BufferedReader r = new BufferedReader(new File(filename))
String line = r.readLine();
if (line != null) {
String first = line.split(",")[0];
while ((line = r.readLine()) != null) {
if (first.equals(line.split(",")[0])) {
return true;
}
}
return false;
}
throw new RuntimeException();
would work just fine, and very quickly, too. This sort of question simply is not hard to solve; it's far more dependent on tiny implementation details. I very much doubt that any CSV parser would try to load the file all at once; it'd be too much of a performance hit.
In other words, you write your own CSV parser, in this case using Java.
Btw, CSV files can contain values with commas and even newlines inside of them. So if your point was that you don't have to write an _entire_ CSV parser, only a partial one, unfortunately that isn't true. https://en.wikipedia.org/wiki/Comma-separated_values#Example
>I very much doubt that any CSV parser would try to load the file all at once
I agree, but a naive imported solution would likely try to store all the rows at once, possibly in some sort of list or vector or array or whatever. This is what would cause the memory failure, not the file read itself.
Possibly, but unlikely (most csv libraries will be based around iterators). In any case, the problem is stupidly underspecified. For example, what if the 100GB CSV is 100 1GB rows? What if the input is UTF16, UTF32? How do you deal with the 10 Unicode line separators?
It just tests how well the interviewee knows CSV, which is an ill specified format anyway. It's a fake problem as no sane person would parse 100GB CSVs on 500MB VPS', and in real life, you'd just try the naive solution, see why it didn't work and iterate.
this is a valid record definition from a csv file:
"b CRLF
bb","ccc" CRLF
zzz,yyy,xxx
Your code will fail on this case. CSV parsing is not as simple as it sounds. Given that the format is also not well-defined, it's even worse. (is the first line a header or not for example)
>and then used whatever tools I wanted to get it done, then email in the completed exercise.
This is a much more realistic way of testing someone's skills. Asking someone to write code while they watch is not.
I am personally horrible at coding while someone is looking over my shoulder. I am just too preoccupied with their presence and the fact that they are watching. And, unless a company is still into pair programming (is anyone these days?), it's not a valid test.
Give me a real problem, reasonable time to solve it, and the tools I'd have in the real world. Then, I can show you what I can do in that same real world vs. how well I interview in some contrived format.
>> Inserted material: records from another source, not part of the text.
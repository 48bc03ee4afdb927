-- ===== src/Sqlite/Transactions.antt =====
-- sqlite.go: what `WithTx` leaves behind.
use wa_agent_pipeline.Base.{
  ℕ, suc, Text, ◌≡◌, ◌⊎◌, inl, inr, refl, ap, ◌∙◌, none, some, arith, Bool-cases, Option-cases,
  Result-cases, Result, ok, err,
}
use wa_agent_pipeline.Texts.{text}
use wa_agent_pipeline.Sqlite.{
  Db, Engine, Action, finish_tx, pure, ◌>>=◌, query, begin_immediate, rollback, commit, with_tx,
}

-- A closure that runs statements: it begins and ends no transaction.
pub record IsBody {T M A : Type 0} (fn : Action T M A) : Type 0 where
  pub keeps_before : (d : Db T M) → (fn d).1.before ≡ d.before

module _ {T M : Type 0} where
  pub bind_ok :
      {A B : Type 0} (m : Action T M A) (f : A → Action T M B) (d : Db T M) {a : A}
      → (m d).0 ≡ ok a
      → (m >>= f) d ≡ f a (m d).1
  bind_ok m f d h = ground arith

  pub bind_err :
      {A B : Type 0} (m : Action T M A) (f : A → Action T M B) (d : Db T M) {e : Text}
      → (m d).0 ≡ err e
      → (m >>= f) d ≡ (err e, (m d).1)
  bind_err m f d h = ground arith

  pub query-IsBody : {A : Type 0} (f : T → Result Text (A × T)) → IsBody {M = M} (query f)
  unfolding query
  query-IsBody f = record { keeps_before = λ d. ground arith }

  pub pure-IsBody : {A : Type 0} (a : A) → IsBody {T = T} {M = M} (pure a)
  pure-IsBody a = record { keeps_before = λ d. refl }

  pub bind-IsBody :
      {A B : Type 0} (m : Action T M A) (f : A → Action T M B)
      → IsBody m
      → ((a : A) → IsBody (f a))
      → IsBody (m >>= f)
  bind-IsBody m f hm hf = record {
    keeps_before = λ d. elim (Result-cases (m d).0) [
      | inl (e, stop) ↦ rw (bind_err m f d stop) (hm.keeps_before d)
      | inr (a, go) ↦ rw (bind_ok m f d go) ((hf a).keeps_before (m d).1 ∙ hm.keeps_before d)
    ];
  }

  -- The connection after BEGIN IMMEDIATE.
  abbrev pub opened : Db T M → Db T M
  opened d = record d { before = some d.tables; calls = suc d.calls }

  pub with_tx_begun :
      {A : Type 0} (fn : Action T M A) (d : Db T M)
      → d.before ≡ none
      → d.engine.fault d.calls ≡ none
      → with_tx fn d ≡ finish_tx (fn (opened d))
  unfolding with_tx begin_immediate
  with_tx_begun fn d closed began = ground arith

  -- A connection on which `WithTx` returned an error, where its closure ended at the connection
  -- `end`: the tables are as they were; or the engine failed the statement after the closure, the
  -- COMMIT or the ROLLBACK, and the transaction is still open and would restore them.
  pub data Undone (d end d' : Db T M) : Type 0 where
    restored : d'.before ≡ none → d'.tables ≡ d.tables → Undone d end d'
    still_open :
        (e : Text)
        → end.engine.fault end.calls ≡ some e
        → d'.before ≡ some d.tables
        → Undone d end d'

  -- How a transaction that began with the tables `t` ends after its closure.
  finish_tx-cases :
      {A : Type 0} (r : Result Text A) (d : Db T M) (t : T)
      → d.before ≡ some t
      → ((a : A) × (r ≡ ok a)
          × ((finish_tx (r, d)).0 ≡ ok a)
          × ((finish_tx (r, d)).1.before ≡ none)
          × ((finish_tx (r, d)).1.tables ≡ d.tables))
        ⊎ ((e : Text) × ((finish_tx (r, d)).0 ≡ err e)
            × ((((finish_tx (r, d)).1.before ≡ none) × ((finish_tx (r, d)).1.tables ≡ t))
                ⊎ ((fault : Text) × (d.engine.fault d.calls ≡ some fault)
                    × ((finish_tx (r, d)).1.before ≡ some t))))
  unfolding rollback commit
  finish_tx-cases (err e) d t held = elim (Option-cases (d.engine.fault d.calls)) [
    | inl fine ↦ inr (e, refl, inl (ground arith, ground arith))
    | inr (fault, bad) ↦ inr (e, refl, inr (fault, bad, ground arith))
  ]
  finish_tx-cases (ok a) d t held = elim (Option-cases (d.engine.fault d.calls)) [
    | inl done ↦ inl (a, refl, ground arith, ground arith, ground arith)
    | inr (e, bad) ↦ elim (Bool-cases (d.engine.stays_open d.calls)) [
      | inl stays ↦ inr (e, ground arith, inr (e, bad, ground arith))
      | inr ends ↦ inr (e, ground arith, inl (ground arith, ground arith))
    ]
  ]

  -- Where no transaction is open, and the closure runs statements only: if `WithTx` succeeds, no
  -- transaction is open, the closure succeeded and the tables are those that it left; if `WithTx`
  -- fails, the tables are as before and no transaction is open, or the engine failed the statement
  -- that follows the closure, the COMMIT or the ROLLBACK, and the transaction is still open.
  pub with_tx_atomic :
      {A : Type 0} (fn : Action T M A) (d : Db T M)
      → IsBody fn
      → d.before ≡ none
      → ((a : A) × (d₁ : Db T M) × ((with_tx fn d).0 ≡ ok a)
          × ((with_tx fn d).1.before ≡ none)
          × ((fn d₁).0 ≡ ok a)
          × (d₁.tables ≡ d.tables)
          × ((with_tx fn d).1.tables ≡ (fn d₁).1.tables))
        ⊎ ((e : Text) × ((with_tx fn d).0 ≡ err e) × Undone d (fn (opened d)).1 (with_tx fn d).1)
  unfolding with_tx begin_immediate
  with_tx_atomic fn d body closed = elim (Option-cases (d.engine.fault d.calls)) [
    | inr (e, bad) ↦ inr (e, ground arith, restored (ground arith) (ground arith))
    | inl began ↦
        let d₁ = opened d in
        let run = with_tx_begun fn d closed began in
        elim (finish_tx-cases (fn d₁).0 (fn d₁).1 d.tables (body.keeps_before d₁)) [
          | inl (a, ran, done, ended, kept) ↦
              inl (a, d₁, rw run done, rw run ended, ran, refl, rw run kept)
          | inr (e, failed, inl (ended, kept)) ↦
              inr (e, rw run failed, restored (rw run ended) (rw run kept))
          | inr (e, failed, inr (fault, bad, held)) ↦
              inr (e, rw run failed, still_open fault bad (rw run held))
        ]
  ]

  -- While a transaction is open, `WithTx` runs nothing of its closure: it fails, and leaves the
  -- tables and the transaction as they are.
  pub with_tx-open :
      {A : Type 0} (fn : Action T M A) (d : Db T M) (t : T)
      → d.before ≡ some t
      → (e : Text) × ((with_tx fn d).0 ≡ err e)
        × ((with_tx fn d).1.tables ≡ d.tables)
        × ((with_tx fn d).1.before ≡ some t)
  unfolding with_tx begin_immediate
  with_tx-open fn d t held = elim (Option-cases (d.engine.fault d.calls)) [
    | inr (e, bad) ↦ (e, ground arith, ground arith, ground arith)
    | inl began ↦ (
      text "cannot start a transaction within a transaction",
      ground arith,
      ground arith,
      ground arith,
    )
  ]

  commit_quiet :
      {A : Type 0} (r : Result Text A) (d : Db T M) {a : A}
      → r ≡ ok a
      → d.engine.fault d.calls ≡ none
      → finish_tx (r, d) ≡ (ok a, record d { before = none; calls = suc d.calls })
  unfolding commit
  commit_quiet r d e h = ground arith

  -- With an engine that lets every call through, a transaction is its closure.
  pub with_tx_quiet :
      {A : Type 0} (fn : Action T M A) (d : Db T M) {a : A}
      → d.before ≡ none
      → ((n : ℕ) → d.engine.fault n ≡ none)
      → (fn (opened d)).0 ≡ ok a
      → (fn (opened d)).1.engine ≡ d.engine
      → with_tx fn d
        ≡ (ok a, record ((fn (opened d)).1) { before = none; calls = suc (fn (opened d)).1.calls })
  with_tx_quiet fn d {a} closed quiet done same =
      with_tx_begun fn d closed (quiet d.calls)
      ∙ commit_quiet (fn (opened d)).0 (fn (opened d)).1 done (
          ap (λ (g : Engine). g.fault (fn (opened d)).1.calls) same ∙ quiet (fn (opened d)).1.calls)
The interview process took about two weeks and on the whole was pretty reasonable for both sides.
There was a short phone screen (~30 minutes)
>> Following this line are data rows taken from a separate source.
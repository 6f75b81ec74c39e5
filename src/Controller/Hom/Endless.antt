-- ===== src/Controller/Hom/Endless.antt =====
-- The search for higher-order mutants goes on while their evaluations succeed.
use memory_mutation_testing.Base.{Option}
use memory_mutation_testing.Base.Double.{Double}
use memory_mutation_testing.Controller.Hom.Search.{Search}
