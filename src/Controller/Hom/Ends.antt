-- ===== src/Controller/Hom/Ends.antt =====
-- The search for higher-order mutants ends where their evaluations fail.
use memory_mutation_testing.Base.{
  ℕ, zero, suc, ◌+◌, ◌*◌, ◌%◌, ◌≤◌, ◌<◌, ◌≡◌, refl, arith, ◌==◌, true, false, none, some, List, [],
  ◌∷◌, ltb, leb, length, Bool-cases, inl, inr, if◌then◌else◌,
}
use memory_mutation_testing.Base.Double.{Double}
use memory_mutation_testing.Controller.Mutants.{Mutant, FomResult}
use memory_mutation_testing.Controller.Hom.{
  Hashset, HomObservation, HomState, minus_one, gen_hom_fitness,
}
use memory_mutation_testing.Controller.Hom.Search.{
  Search, ended, combined, grown, archive, new_optimum, indices, try_hom, combine, search_round,
  search_homs, new_search, generate_subsuming_homs,
}
use memory_mutation_testing.Controller.Hom.Room.{one_shifted-positive}
use memory_mutation_testing.Controller.Hom.Rounds.{others, nonzero, fewer}

leb_two : (n : ℕ) → 2 ≤ n → leb 2 n ≡ true
leb_two n l = ground arith

closed_search : (n k : ℕ) → n * 2 ≤ k → ltb k (n * 2) ≡ false
closed_search n k l = ground arith

positive : (n : ℕ) → 0 < n → (0 == n) ≡ false
positive n l = ground arith

others_two :
    (r k : ℕ)
    → 0 < (if 0 == r then (if 1 == r then k else suc k) else suc (if 1 == r then k else suc k))
others_two r k = ground arith

module _ (F : Double) where
  others-indices : (r n : ℕ) → 2 ≤ n → 0 < others r (indices F 0 n)
  unfolding indices
  others-indices r zero l = omega arith
  others-indices r (suc zero) l = omega arith
  others-indices r (suc (suc n)) l = others_two r (others r (indices F 2 n))

  module _ (H : Hashset) (foms : List (Mutant F)) (n : ℕ) (ob : ℕ → HomObservation) where
    module _ (fails : (k : ℕ) → (ob k).hom_dir ≡ none)
        (minus_one_equal : F.eqb (minus_one F) (minus_one F) ≡ true) (at_least_two : 2 ≤ n) where
      -- Nothing has been archived.
      abbrev IsEmpty : Search F → Type 0
      IsEmpty s = (s.hom_list ≡ []) × (0 < s.hom_list_size)

      not_grown :
          (s : Search F)
          → IsEmpty s
          → grown F (length s.hom_list) s.hom_list_size ≡ some s.hom_list_size
      unfolding grown
      not_grown s (e, l) = rw (e, positive s.hom_list_size l, grown) refl

      try_hom-fails :
          (r i : ℕ) (s : Search F)
          → IsEmpty s
          → (s' : Search F) × ((try_hom F H foms n ob r i none s ≡ some (none, s'))
              × ((s'.no_new_optimum ≡ suc s.no_new_optimum) × IsEmpty s'))
      unfolding try_hom combined gen_hom_fitness new_optimum archive
      try_hom-fails r i s h =
          rw
            (
              leb_two n at_least_two,
              fails s.evaluations,
              not_grown s h,
              minus_one_equal,
              try_hom,
              gen_hom_fitness,
              archive,
            )
            (rw (minus_one_equal, new_optimum) (_, (refl, (refl, h))))

      combine-fails :
          (r : ℕ) (is : List ℕ) (s : Search F)
          → IsEmpty s
          → (s' : Search F) × ((combine F H foms n ob r is none s ≡ some s')
              × ((s'.no_new_optimum ≡ s.no_new_optimum + others r is) × IsEmpty s'))
      unfolding combine
      combine-fails r [] s h = (s, (refl, (omega arith, h)))
      combine-fails r (i ∷ rest) s h = elim (Bool-cases (i == r)) [
        | inl same ↦ rw (same, combine) (combine-fails r rest s h)
        | inr other ↦
            let (t, (e, (c, h'))) = try_hom-fails r i s h in
            let (s', (e', (c', h''))) = combine-fails r rest t h' in
            rw (other, e, combine) (s', (e', (omega (arith, c, c'), h'')))
      ]

      round-fails :
          (rand : ℕ → ℕ) (s : Search F)
          → IsEmpty s
          → (s' : Search F) × ((search_round F H foms n ob rand s ≡ some s')
              × ((s.no_new_optimum < s'.no_new_optimum) × IsEmpty s'))
      unfolding search_round
      round-fails rand s h =
          let (s', (e, (c, h'))) =
            combine-fails (rand s.rounds % n) (indices F 0 n) (record s { rounds = suc s.rounds })
              h in
          (s', (e, (omega (arith, c, others-indices (rand s.rounds % n) n at_least_two), h')))

      search_homs-ends :
          (rand : ℕ → ℕ) (fuel : ℕ) (s : Search F)
          → IsEmpty s
          → n * 2 ≤ s.no_new_optimum + fuel
          → (s' : Search F) × (search_homs F H foms n ob rand fuel s ≡ ended s')
      unfolding search_homs
      search_homs-ends rand zero s h l =
          rw (closed_search n s.no_new_optimum (omega arith), search_homs) (s, refl)
      search_homs-ends rand (suc k) s h l = elim (Bool-cases (ltb s.no_new_optimum (n * 2))) [
        | inr enough ↦ rw (enough, search_homs) (s, refl)
        | inl few ↦
            let (t, (e, (c, h'))) = round-fails rand s h in
            rw (few, e, search_homs) (search_homs-ends rand k t h' (omega arith))
      ]

      -- With two to 30 mutants to combine, when hom_dir.log can never be opened, the search ends
      -- after at most twice as many rounds as there are mutants.
      pub generate_subsuming_homs-ends :
          (rand : ℕ → ℕ) (fuel : ℕ) (r : FomResult F) (st : HomState F)
          → r.non_trivial_foms ≡ foms
          → r.non_trivial_fom_count ≡ n
          → n < 31
          → n * 2 ≤ fuel
          → (s : Search F) × (generate_subsuming_homs F H ob rand fuel r st ≡ ended s)
      unfolding generate_subsuming_homs
      generate_subsuming_homs-ends rand fuel r st ef en b l =
          elim (Bool-cases (r.mutant_kill_count == r.total_mutants)) [
            | inl all_killed ↦ rw (all_killed, generate_subsuming_homs) (_, refl)
            | inr some_left ↦
                rw (ef, en, some_left, nonzero n (omega arith), fewer n b, generate_subsuming_homs)
                  (search_homs-ends rand fuel (new_search F n st) (refl, one_shifted-positive F n)
                    (omega arith))
          ]
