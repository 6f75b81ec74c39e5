-- ===== src/Controller/Hom/Faults.antt =====
-- When the search for higher-order mutants faults.
use memory_mutation_testing.Base.Double.{Double}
Then I had two technical exercises to do. For each, I was given a reasonable time period (4 hours) that started when I visited a special link to the get the problem description, and then used whatever tools I wanted to get it done, then email in the completed exercise.
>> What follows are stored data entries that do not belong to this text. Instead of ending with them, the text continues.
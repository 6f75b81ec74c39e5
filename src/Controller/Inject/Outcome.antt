-- ===== src/Controller/Inject/Outcome.antt =====
-- What `inject_mutations` leaves for a directory: the theorems on sequences of mutants, from the
-- initial result on.
use memory_mutation_testing.Controller.Results.{is_readable}
use memory_mutation_testing.Base.{
  ℕ, ◌≤◌, ◌≡◌, refl, sym, ◌∙◌, true, false, some, List, [], ◌∷◌, ◌++◌, arith, length, ℤ, pos, ◌≤ℤ◌,
  Bool-cases, Option-cases, inl, inr,
}
use memory_mutation_testing.Base.Text.{Bytes, codes}
use memory_mutation_testing.Base.Double.{Double, IsExact}
use memory_mutation_testing.Gstats.Table.{Table}
use memory_mutation_testing.Controller.Mutants.{Observation, State}
use memory_mutation_testing.Controller.Fom.Counters.{IsTallied}
use memory_mutation_testing.Controller.Evaluate.{gen_results_fom, evaluate_mutants}
use memory_mutation_testing.Controller.Evaluate.Tally.{evaluate_mutants-IsTallied}
use memory_mutation_testing.Controller.Evaluate.Room.{IsRoomy}
use memory_mutation_testing.Controller.Evaluate.Capacity.{
  AllSound, evaluate_mutants-total, kills_in, KillsRise,
}
use memory_mutation_testing.Controller.Inject.{
  DirEntry, is_mutant, path_in, initial_state, inject_entries, inject_mutations,
}

-- The mutants in a directory, in the order of the entries.
abbrev pub mutants_in : Bytes → Bytes → List DirEntry → List (Bytes × Bytes × Observation)
mutants_in src_dir original [] = []
mutants_in src_dir original (e ∷ rest) = elim (is_mutant original e.kind e.name) [
  | true ↦ (e.name, path_in src_dir e.name, e.observation) ∷ mutants_in src_dir original rest
  | false ↦ mutants_in src_dir original rest
]

module _ (F : Double) (T : Table) (put_errors : ℤ) (src_dir original : Bytes) where
  inject_entries-eq-evaluate_mutants :
      (mv_dir : Bytes) (entries : List DirEntry) (s : State F T)
      → inject_entries F T put_errors src_dir original mv_dir entries s
        ≡ evaluate_mutants F T put_errors mv_dir (mutants_in src_dir original entries) s
  unfolding inject_entries evaluate_mutants
  inject_entries-eq-evaluate_mutants mv_dir [] s = refl
  inject_entries-eq-evaluate_mutants mv_dir (e ∷ rest) s =
      elim (Bool-cases (is_mutant original e.kind e.name)) [
        | inl yes_e ↦
            rw (yes_e, inject_entries, evaluate_mutants)
              (elim (Option-cases (
                gen_results_fom F T put_errors e.name (path_in src_dir e.name) mv_dir e.observation
                  s)) [
                    | inl stopped ↦ rw stopped refl
                    | inr (s', done) ↦ rw done (inject_entries-eq-evaluate_mutants mv_dir rest s')
                  ])
        | inr no_e ↦
            rw (no_e, inject_entries, evaluate_mutants)
              (inject_entries-eq-evaluate_mutants mv_dir rest s)
      ]

  abbrev pub backup : Bytes
  backup = path_in src_dir original ++ codes ".original"

  pub inject_mutations-eq-evaluate_mutants :
      (entries : List DirEntry) (s : State F T)
      → inject_mutations F T put_errors src_dir original entries s
        ≡ evaluate_mutants F T put_errors backup
            (mutants_in src_dir original entries)
            (initial_state F T s)
  unfolding inject_mutations
  inject_mutations-eq-evaluate_mutants entries s =
      inject_entries-eq-evaluate_mutants backup entries (initial_state F T s)

  initial_state-IsTallied : (s : State F T) → IsTallied F 0 0 (initial_state F T s).result
  unfolding initial_state
  initial_state-IsTallied s = ground arith

  -- With exact arithmetic on the deviations, when the evaluation of a directory does not fault,
  -- each mutant has been counted either as killed or as survived; each survivor is in one of the
  -- classes equivalent, strong and weak damage; weak damage is split into Valgrind errors and
  -- deviations of the control flow; and the two arrays hold as many mutants as their counts say.
  pub inject_mutations-IsTallied :
      IsExact F
      → (entries : List DirEntry) (s s' : State F T)
      → inject_mutations F T put_errors src_dir original entries s ≡ some s'
      → IsTallied F 0 0 s'.result
  inject_mutations-IsTallied exact entries s s' e =
      evaluate_mutants-IsTallied F T exact put_errors backup (mutants_in src_dir original entries)
        (initial_state F T s) s' (initial_state-IsTallied s)
        (sym (inject_mutations-eq-evaluate_mutants entries s) ∙ e)

  pub initial_state-IsRoomy :
      (s : State F T) (room : ℕ)
      → room ≤ 200
      → pos 0 ≤ℤ kills_in s.temp
      → IsRoomy F T room (kills_in s.temp) s.temp (initial_state F T s)
  unfolding initial_state
  initial_state-IsRoomy s room h k = record {
    held = refl;
    known = k;
    fits = omega arith;
    not_empty = omega arith;
    survivors = omega arith;
  }

  -- With at most 200 mutants in the directory, a number of kills in temp_results.log that is not
  -- negative, and no evaluation that lowers it, when the numbers of the failed tests in the file fit
  -- the array of 1024 bytes that they are read to, before the first mutant and after each, the file
  -- does not say after a mutant that more tests failed than the array of its numbers has places, and
  -- gstats.c does not exit, the evaluation of the directory succeeds: no write passes the end of the
  -- two arrays of mutants.
  pub inject_mutations-total :
      (entries : List DirEntry) (s : State F T)
      → length (mutants_in src_dir original entries) ≤ 200
      → pos 0 ≤ℤ kills_in s.temp
      → is_readable s.temp ≡ true
      → AllSound (mutants_in src_dir original entries)
      → KillsRise s.temp (mutants_in src_dir original entries)
      → (s' : State F T) × (inject_mutations F T put_errors src_dir original entries s ≡ some s')
  unfolding initial_state
  inject_mutations-total entries s few k read sound rise =
      let (s', done) =
        evaluate_mutants-total F T put_errors backup (mutants_in src_dir original entries)
          (initial_state F T s) (initial_state-IsRoomy s _ few k) read sound rise in
      (s', inject_mutations-eq-evaluate_mutants entries s ∙ done)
The two exercises were not completely trivial, but were relatively straightforward and actually involved skills relevant to the position and not arcane puzzles or comp-sci theory. (Basically, the first was to write a Postgres schema from scratch (total 5 or 6 tables and maybe 30 columns across all the tables). The second task was to write a CSV parser (including reasonable error checking/recovery) to load data into the schema from the first problem.
Finally, there was the main interview (conducted via Facetime, this is a remote position). That ran for close to 3 hours.
This worked well, since it gave me a feel for what the work would actually be like, and I was given, as the candidate, every oppurtunity to put my best foot forward - no whiteboard exercises, no surprises.